Specific points that have been raised by the
laboratories in their respective site report,
in no particular order:
- Oxford University Particle Physics: plans are to continue
network security and reduce number of Operating Systems. Problems
are the choice for laptops and Red Hat version.
- IN2P3: There are no on-site users, no accelerators or experiments.
All resources are shared and common, except for a small dedicated
grid testbed for software development.
- SLAC: BaBar experiment has resumed data taking in September.
This was seen as a good startup at high rates. They are converting
to a new computing model: Babar events are stored in Root, but
conditions and some metadata are still based on Objectivity.
- Triumf/UBC is the first HEP site to install a large blade cluster
(WestGrid). They are involved in the 10 Gbps link to CERN and achieved
5.5 Gbps sustained.
- LAL: an important issue they have to address is about home
machines connecting to the Lab, despite the instructions that are
provided.
- RAL: they have a new helpdesk, replacing Remedy by Request
Tracker.
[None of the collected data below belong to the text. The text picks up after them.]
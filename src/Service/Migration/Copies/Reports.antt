-- ===== src/Service/Migration/Copies/Reports.antt =====
-- agent/cg-agent/src/service/migration.rs: what the report of a pass says of the old copies.
use cyber_guard_enterprise.Prelude.{
  bytes, ◌∙◌, ◌≡◌, refl, sym, ap, subst, Bool, true, false, [], ◌∷◌, Option, none, some, Text, All,
  All-map, inl, inr, ◌⊎◌, if◌then◌else◌,
}
use cyber_guard_enterprise.Prelude.Results.{
  ◌>>=◌, ok_or, ◌>>◌, map_err, Result, ok, err, Done, done, >>=-ok, ok-ok,
}
use cyber_guard_enterprise.Service.Migration.Arguments.{Choice, remove, keep, Texts}
use cyber_guard_enterprise.Service.Migration.Entries.{file_name}
use cyber_guard_enterprise.Service.Migration.Host.{answer, Record, Injected, fails, crash, texts_eq}
use cyber_guard_enterprise.Service.Migration.Copies.{
  Copies, no_copies, Directory, take_copies, sort, restricted_first, removed_last, empty_directory,
  is_nothing, rewrite_record, pass, copies, restrict_legacy_directory, remove_legacy_directory,
}
use cyber_guard_enterprise.Service.Migration.Copies.Objects.{
  WasDeleted, remove_legacy_directory-WasDeleted,
}
use cyber_guard_enterprise.Service.Migration.Copies.Taken.{
  All-sort, IsSound, missed-IsSound, take_copies_directory, take_copies_lem,
}
use cyber_guard_enterprise.Service.Migration.Copies.Extends.{
  IsReported, Extends, Extends-IsReported, Extends-refl, missed-Extends, some-some,
}

-- The report at the end of a pass, from the one before the directory's removal.
abbrev Removes : Directory → Choice → Copies → Type 0
Removes d choice report =
    report.directory_removed ≡ true → (choice ≡ remove) × (d.listed_again ≡ ok []) × WasDeleted d

abbrev Finishes : Directory → Record → Choice → Copies → Copies → Type 0
Finishes d r choice report report' =
    Extends report report' × IsSound d r choice report' × Removes d choice report'

idle-Finishes :
    (d : Directory) (r : Record) (choice : Choice) (report report' : Copies)
    → ◌≡◌ {A = Result Text Copies} (ok report) (ok report')
    → IsSound d r choice report
    → report.directory_removed ≡ false
    → Finishes d r choice report report'
idle-Finishes d r choice report report' h sound there =
    subst (Finishes d r choice report) (ok-ok h) (Extends-refl report, sound, λ e. cc)

removed_last-Finishes :
    (d : Directory) (r : Record) (report report' : Copies) (cut : Result Injected Done)
    → remove_legacy_directory d ≡ cut
    → removed_last d report cut ≡ ok report'
    → d.listed_again ≡ ok []
    → IsSound d r remove report
    → report.directory_removed ≡ false
    → Finishes d r remove report report'
unfolding removed_last
removed_last-Finishes d r report report' (ok done) cuts h nothing sound there =
    subst (Finishes d r remove report) (ok-ok h) (
      record { restricts = λ n h. h; misses = λ n h. h },
      record { keeps = sound.keeps; restricts = sound.restricts; removes = sound.removes },
      λ e. (refl, nothing, remove_legacy_directory-WasDeleted d cuts),
    )
removed_last-Finishes d r report report' (err crash) cuts h nothing sound there = cc
removed_last-Finishes d r report report' (err (fails reason)) cuts h nothing sound there =
    subst (Finishes d r remove report) (ok-ok h) (
      missed-Extends (file_name d.legacy_path) report,
      missed-IsSound d r remove (file_name d.legacy_path) report sound,
      λ e. cc,
    )

empty_directory-Finishes :
    (d : Directory) (r : Record) (choice : Choice) (restricted : Bool) (report report' : Copies)
    → empty_directory d choice restricted report ≡ ok report'
    → IsSound d r choice report
    → report.directory_removed ≡ false
    → Finishes d r choice report report'
unfolding empty_directory
empty_directory-Finishes d r keep restricted report report' h sound there =
    idle-Finishes d r keep report report' h sound there
empty_directory-Finishes d r remove false report report' h sound there =
    idle-Finishes d r remove report report' h sound there
empty_directory-Finishes d r remove true report report' h sound there =
    let (names, lists, h) = >>=-ok d.listed_again _ h in listing names lists h
  where
    listing :
        (names : Texts)
        → d.listed_again ≡ ok names
        → (if is_nothing names
            then removed_last d report (remove_legacy_directory d)
            else ok report)
          ≡ ok report'
        → Finishes d r remove report report'
    listing [] lists h =
        removed_last-Finishes d r report report' (remove_legacy_directory d) refl h lists sound
          there
    listing (n ∷ names) lists h = idle-Finishes d r remove report report' h sound there

-- What a pass over a legacy directory did: each object that it holds is reported, what is reported as
-- done was done to the recorded files, and the record that is written, if one is.
pub record IsAccount (d : Directory) (r : Record) (report : Copies) (written : Option Record)
    : Type 0 where
  pub names : Texts
  pub lists : d.listed ≡ ok names
  pub reports : All (IsReported report) names
  pub sound : IsSound d r r.choice report
  pub removes :
      report.directory_removed ≡ true
      → (r.choice ≡ remove) × (d.listed_again ≡ ok []) × WasDeleted d
  pub records :
      (r' : Record) → written ≡ some r' → r' ≡ record r { copies_not_reached = report.not_reached }

restricted_first-IsSound :
    (d : Directory) (r : Record) (choice : Choice) (cut : Result Injected Done)
    (first : Bool × Copies)
    → restricted_first d cut ≡ ok first
    → IsSound d r choice first.1 × (first.1.directory_removed ≡ false)
unfolding restricted_first
restricted_first-IsSound d r choice (ok x) first h =
    subst (λ first. IsSound d r choice first.1 × (first.1.directory_removed ≡ false)) (ok-ok h)
      (record { keeps = λ e. refl; restricts = λ n h. cc; removes = λ n h. cc }, refl)
restricted_first-IsSound d r choice (err crash) first h = cc
restricted_first-IsSound d r choice (err (fails reason)) first h =
    subst (λ first. IsSound d r choice first.1 × (first.1.directory_removed ≡ false)) (ok-ok h)
      (record { keeps = λ e. refl; restricts = λ n h. cc; removes = λ n h. cc }, refl)

rewrite_record_lem :
    (d : Directory) (r : Record) (report : Copies) (r' : Record)
    → rewrite_record d r report ≡ some r'
    → r' ≡ record r { copies_not_reached = report.not_reached }
unfolding rewrite_record
rewrite_record_lem d r report r' h =
    written (texts_eq r.copies_not_reached report.not_reached)
      (answer d.at_rewrite >> map_err fails d.rewritten) h
  where
    written :
        (same : Bool) (w : Result Injected Done)
        → (if same then none else (elim w [
          | ok x ↦ some (record r { copies_not_reached = report.not_reached })
          | err cut ↦ none
        ]))
          ≡ some r'
        → r' ≡ record r { copies_not_reached = report.not_reached }
    written true w h = cc
    written false (ok x) h = sym (some-some h)
    written false (err cut) h = cc

pass-IsAccount :
    (d : Directory) (r : Record) (report : Copies) (written : Option Record)
    → pass d r ≡ ok (report, written)
    → IsAccount d r report written
unfolding pass
pass-IsAccount d r report written h =
    let (first, firsts, h) = >>=-ok (restricted_first d (restrict_legacy_directory d)) _ h in
    let (names, lists, h) = >>=-ok d.listed _ h in
    let (taken, takes, h) = >>=-ok (take_copies d r (sort names) first.1) _ h in
    let (final, finishes, h) = >>=-ok (empty_directory d r.choice first.0 taken) _ h in
    let (sound, there) =
      restricted_first-IsSound d r r.choice (restrict_legacy_directory d) first firsts in
    let (more, reported, sound') = take_copies_lem d r (sort names) first.1 taken takes sound in
    let (last, sound'', removes) =
      empty_directory-Finishes d r r.choice first.0 taken final finishes sound'
        (take_copies_directory d r (sort names) first.1 taken takes ∙ there) in
    let same : ◌≡◌ {A = Copies × Option Record} (final, rewrite_record d r final)
        (report, written) =
      ok-ok h in
    subst (λ x. IsAccount d r x.0 x.1) same
      (record {
        names = names;
        lists = lists;
        reports =
            All-map (IsReported taken) (IsReported final) (Extends-IsReported taken final last)
              names (All-sort (IsReported taken) names reported);
        sound = sound'';
        removes = removes;
        records = rewrite_record_lem d r final;
      })

-- A pass over the old copies that comes to its end, with the record of the data root, either finds
-- no legacy directory that counts, and does nothing, or reports each object of the legacy directory
-- as restricted or as not reached. What it reports as restricted was opened, was found through that
-- handle to be the recorded file of that name with one link, and was secured; what it reports as
-- removed is among those, was opened again and found to be that file still, and was deleted; nothing
-- is removed where the choice is to keep the copies. The directory is reported as removed only where
-- the choice is to remove them and it listed nothing more, was opened as a directory and was deleted.
-- A record that it writes is the one read but for the copies that were not reached, which are the
-- report's.
pub copies-IsAccount :
    (d : Directory) (r : Record) (report : Copies) (written : Option Record)
    → d.root_record ≡ ok (some r)
    → copies d ≡ ok (report, written)
    → ((d.is_counted ≡ false) × (report ≡ no_copies) × (written ≡ none))
      ⊎ IsAccount d r report written
unfolding copies
copies-IsAccount d r report written read h = counted d.is_counted refl (
    sym (
      ap
        (λ found. map_err (λ stop. bytes "the record cannot be read") found >>= λ found.
          ok_or found (bytes "the data root holds no record") >>= λ r.
          if d.is_counted then pass d r else ok (no_copies, none))
        read)
    ∙ h)
  where
    counted :
        (b : Bool)
        → d.is_counted ≡ b
        → (if b then pass d r else ok (no_copies, none)) ≡ ok (report, written)
        → ((d.is_counted ≡ false) × (report ≡ no_copies) × (written ≡ none))
          ⊎ IsAccount d r report written
    counted true e h = inr (pass-IsAccount d r report written h)
    counted false e h =
        let same : ◌≡◌ {A = Copies × Option Record} (no_copies, none) (report, written) = ok-ok h in
        inl (e, sym (ap (λ x. x.0) same), sym (ap (λ x. x.1) same))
Outstanding issues are many new developments and services,
P4 Xeon experience giving poor performance, and the Red Hat support
policy.
- GSI: AIX and Windows servers (mail, DHCP, DNS) are being
migrated to Linux.
- BNL: Their future plans are the expansion of the Linux farm,
more scalable solutions for file serving (Panasys, dCache), and to
provide grid services (US Atlas Grid Testbed).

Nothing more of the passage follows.